A Shift in Perspective 3: COP26

Apologies that it has been a while since my last blog on this theme. However COP 26 has inspired me finally to write something which I had been intending as a conclusion to this series on ‘A shift in perspective’.

In short and in recap, the shift in perspective which we as individuals and we as humanity need, is somehow to get beyond seeing things just from the perspective of me/us at the centre of it all – i.e. from where I am standing and how things affect me. Of course this will be our default – there is a hardwiring in us which drives us to be concerned with our own survival and welfare. And added to this, much of the corporate world is seeking to exploit this particular aspect of how our minds work in order to hook us into their products.

On the other hand, this is not the whole story. First, survival instinct is not all there is to us as humans – we also have a strong sense of empathy and a well-developed capacity for co-operation in groups. But in addition to this we may also even be beginning to wake up to the fact that this narrow, survival (of me) perspective is not even the best way to support my own well-being – or my survival.

And this is not only true in relation to issues of mental health and of racism (see previous blogs) but also in matters of ecology and the climate crisis.

Too many religious and secular philosophies (including Christian) have allowed us to live by the belief that humanity is not really a part of nature but separate from it and even somehow above it. And even if we begin to shift on this one we find it very hard not to continue to see ourselves as still the centre of it all – that all this is here especially ‘for us’- a ‘limitless’ resource for us to exploit for our own flourishing.

But now we are seeing (though only partially) that this attitude is not only hopelessly hubristic but is actually destroying the habitat not only of literally thousands of other species but also our own. 

We are burning our own house down in this blind and frenzied attempt to keep ourselves warm.

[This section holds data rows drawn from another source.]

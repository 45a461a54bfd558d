-- ===== src/Runner/Spelled.antt =====
-- A pattern of the guard in a command: in small or capital letters, with more or other blanks.
use Prim.Native.Char.{Char, code}
use Prim.Native.String.{char_at}
use text.Mathlib.TextEquality.{Char-path}
use pj_clusterintent.Prelude.{
  ℕ, String, Bool, true, false, ◌+◌, ◌<◌, ◌≤◌, ◌≡◌, refl, ◌⊎◌, inl, inr, arith, zero, suc, ◌-◌,
  ◌==◌, ◌&&◌,
}
use pj_clusterintent.Prelude.Lines.{is_blank, starts_word}
use pj_clusterintent.Prelude.Text.{lower_char}

-- `text` is `pattern`, with a capital for some of its small letters and one or more blanks for each space.
pub data Spelled : (pattern text : String) → Type 0 where
  nothing : Spelled String.[] String.[]
  same :
      (c : Char) {p t : String}
      → is_blank (code c) ≡ false
      → (code c < 65) ⊎ (90 < code c)
      → Spelled p t
      → Spelled (String.◌∷◌ c p) (String.◌∷◌ c t)
  capital :
      (c d : Char) {p t : String}
      → 97 ≤ code c
      → code c ≤ 122
      → code d + 32 ≡ code c
      → Spelled p t
      → Spelled (String.◌∷◌ c p) (String.◌∷◌ d t)
  gap :
      (space b : Char) {p t : String}
      → space ≡ " "
      → is_blank (code b) ≡ true
      → starts_word p ≡ true
      → Spelled p t
      → Spelled (String.◌∷◌ space p) (String.◌∷◌ b t)
  wider :
      (space b : Char) {p t : String}
      → space ≡ " "
      → is_blank (code b) ≡ true
      → Spelled (String.◌∷◌ space p) t
      → Spelled (String.◌∷◌ space p) (String.◌∷◌ b t)

pub lower_char_same : (c : Char) → (code c < 65) ⊎ (90 < code c) → lower_char c ≡ c
unfolding lower_char
lower_char_same c (inl h) = ground arith
lower_char_same c (inr h) = ground arith

pub lower_char_blank : (c : Char) → is_blank (code c) ≡ true → lower_char c ≡ c
unfolding lower_char is_blank
lower_char_blank c h = ground arith

small_letters : ℕ → Bool
small_letters zero = true
small_letters (suc n) = code (char_at "abcdefghijklmnopqrstuvwxyz" n) == 97 + n && small_letters n

small_letter :
    (k n : ℕ)
    → small_letters k ≡ true
    → n < k
    → code (char_at "abcdefghijklmnopqrstuvwxyz" n) ≡ 97 + n
unfolding small_letters
small_letter zero n h lt = absurd (omega arith)
small_letter (suc k) n h lt = ground (arith, small_letter k n)

pub lower_char_capital :
    (c d : Char) → 97 ≤ code c → code c ≤ 122 → code d + 32 ≡ code c → lower_char d ≡ c
unfolding lower_char small_letters
lower_char_capital c d h k e =
    Char-path (lower_char d) c (ground (arith, small_letter 26 (code d - 65) refl))

pub capital_is_dark : (c : Char) → 97 ≤ code c → code c ≤ 122 → is_blank (code c) ≡ false
unfolding is_blank
capital_is_dark c h k = ground arith
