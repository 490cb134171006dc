-- ===== src/Filesystem/Attributes.antt =====
-- `setxattr`, `getxattr`, `listxattr` and `removexattr` (src/filesystem.rs), on Linux.
use Prim.Native.Nat.{bit_and}
use sqlitefs_temporal.Base.{
  ℕ, String, Bool, ◌||◌, ◌==◌, ltb, List, [], ◌∷◌, ◌++◌, length, if◌then◌else◌,
}
use sqlitefs_temporal.Base.Bytes.{Bytes}
use sqlitefs_temporal.Base.Text.{text_bytes}
use sqlitefs_temporal.Sqerror.{Result, ok, err, fs_no_ent}
use sqlitefs_temporal.Sqlite.{M}
use sqlitefs_temporal.Sqlite.Xattrs
use sqlitefs_temporal.Sqlite.Past
use sqlitefs_temporal.Filesystem.State.{
  SqliteFs, F, Handler, Reply, error, done, bytes, size, enoent, eexist, enodata, erange, pure,
  return, gets, query, try, handler, unless_read_only, recording, u32, ◌>>=◌, ◌>>◌,
}

-- `libc::XATTR_CREATE` and `libc::XATTR_REPLACE`
abbrev pub xattr_create : ℕ
xattr_create = 1

abbrev pub xattr_replace : ℕ
xattr_replace = 2

abbrev pub has_flag : ℕ → ℕ → Bool
has_flag flags flag = ltb 0 (bit_and flags flag)

-- What the flags forbid, by whether the attribute is there.
unfoldable pub check_flags : ℕ → Result Bytes → F (Unit {0})
check_flags flags (ok _) = if has_flag flags xattr_create then return (error eexist) else pure tt
check_flags flags (err fs_no_ent) =
    if has_flag flags xattr_replace then return (error enodata) else pure tt
check_flags flags (err _) = return (error enoent)

unfoldable pub guard_flags : ℕ → String → ℕ → F (Unit {0})
unfolding check_flags
guard_flags ino name flags =
    if has_flag flags xattr_create || has_flag flags xattr_replace
    then query (Xattrs.get_xattr ino name) >>= check_flags flags
    else pure tt

unfoldable pub setxattr : ℕ → String → Bytes → ℕ → Handler
unfolding guard_flags
setxattr ino name value flags = unless_read_only (do
  guard_flags (u32 ino) name flags
  recorded ← gets recording
  try enoent (Xattrs.set_xattr recorded (u32 ino) name value)
  pure done)

-- `reply.size`, ERANGE or `reply.data`, by the size of the caller's buffer.
unfoldable pub reply_sized : ℕ → Bytes → Reply
reply_sized n value =
    if n == 0
    then size (u32 (length value))
    else if ltb n (u32 (length value))
    then error erange
    else bytes value

unfoldable pub find_xattr : ℕ → String → SqliteFs → M Bytes
find_xattr ino name s =
    if s.rewind then Past.get_xattr_at_time ino name else Xattrs.get_xattr ino name

unfoldable pub getxattr : ℕ → String → ℕ → Handler
unfolding reply_sized
getxattr ino name n = handler (do
  found ← gets (find_xattr (u32 ino) name)
  value ← try enodata found
  pure (reply_sized n value))

-- Each name with a zero byte behind it.
unfoldable pub pack_names : List String → Bytes
pack_names [] = []
pack_names (v ∷ names) = text_bytes v ++ 0 ∷ pack_names names

unfoldable pub find_names : ℕ → SqliteFs → M (List String)
find_names ino s = if s.rewind then Past.list_xattr_at_time ino else Xattrs.list_xattr ino

unfoldable pub listxattr : ℕ → ℕ → Handler
unfolding reply_sized pack_names
listxattr ino n = handler (do
  found ← gets (find_names (u32 ino))
  names ← try enodata found
  pure (reply_sized n (pack_names names)))

unfoldable pub removexattr : ℕ → String → Handler
removexattr ino name = unless_read_only (do
  recorded ← gets recording
  try enoent (Xattrs.delete_xattr recorded (u32 ino) name)
  pure done)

And we have been watching this for quite a few years now – but still don’t seem to be able to respond in an effective way. Which is why I am suggesting that we don’t just need to tweak and meddle with the way we have been doing things up to now – which seems to me to be the basis for much political activity at the moment – but what we really need a radical shift in perspective on the whole issue.

And this shift in perspective on nature is very simply this:

  1. Humanity is a part of nature and not separate from it and
  2. Humanity is not the centre or pinnacle of the natural world

Humanity is but a part of an ever flowing symbiotic system where life emerges, flourishes, dies and emerges once again. This has seen the extraordinary flourishing of life for 4 billion years. But the moment we try to dominate and control the process for our own ends, we kill it. And this is what we are seeing now.     

Most of what we are hearing from Glasgow at this time is not catching this fundamental shift in perspective but instead is still trying to keep humanity at the centre and in charge of the whole life-emerging process. There are tweaks, yes, but very little in terms of radical vision. The challenge now is: can we act for the sake of the emergence of life as a whole and not just for the sake of humanity. And the beautiful irony is that if we get this we right we actually have a better chance of saving humanity along with all the rest.

My highest hope, I’m afraid, is that the tweaks will be significant ones which will make things not as bad as they might have been. And this will be good – perhaps very good.

But the real change will only come with this perspective shift which helps us to perceive humanity as part of a living system and to seek to take our place within it.

Such de-centring is a profound work, though. Often it is only desperate tragedy which helps us to make such a shift. But there are other ways and our commitment to the work of meditation, of meeting in groups, of nature connection and of activism will all play a part.

And then, when we make the shift, we may just catch a new and beautiful vision of what it is to be human in this world. And then, hopefully, we will find it much easier to align our lives with the new vision which has emerged for us.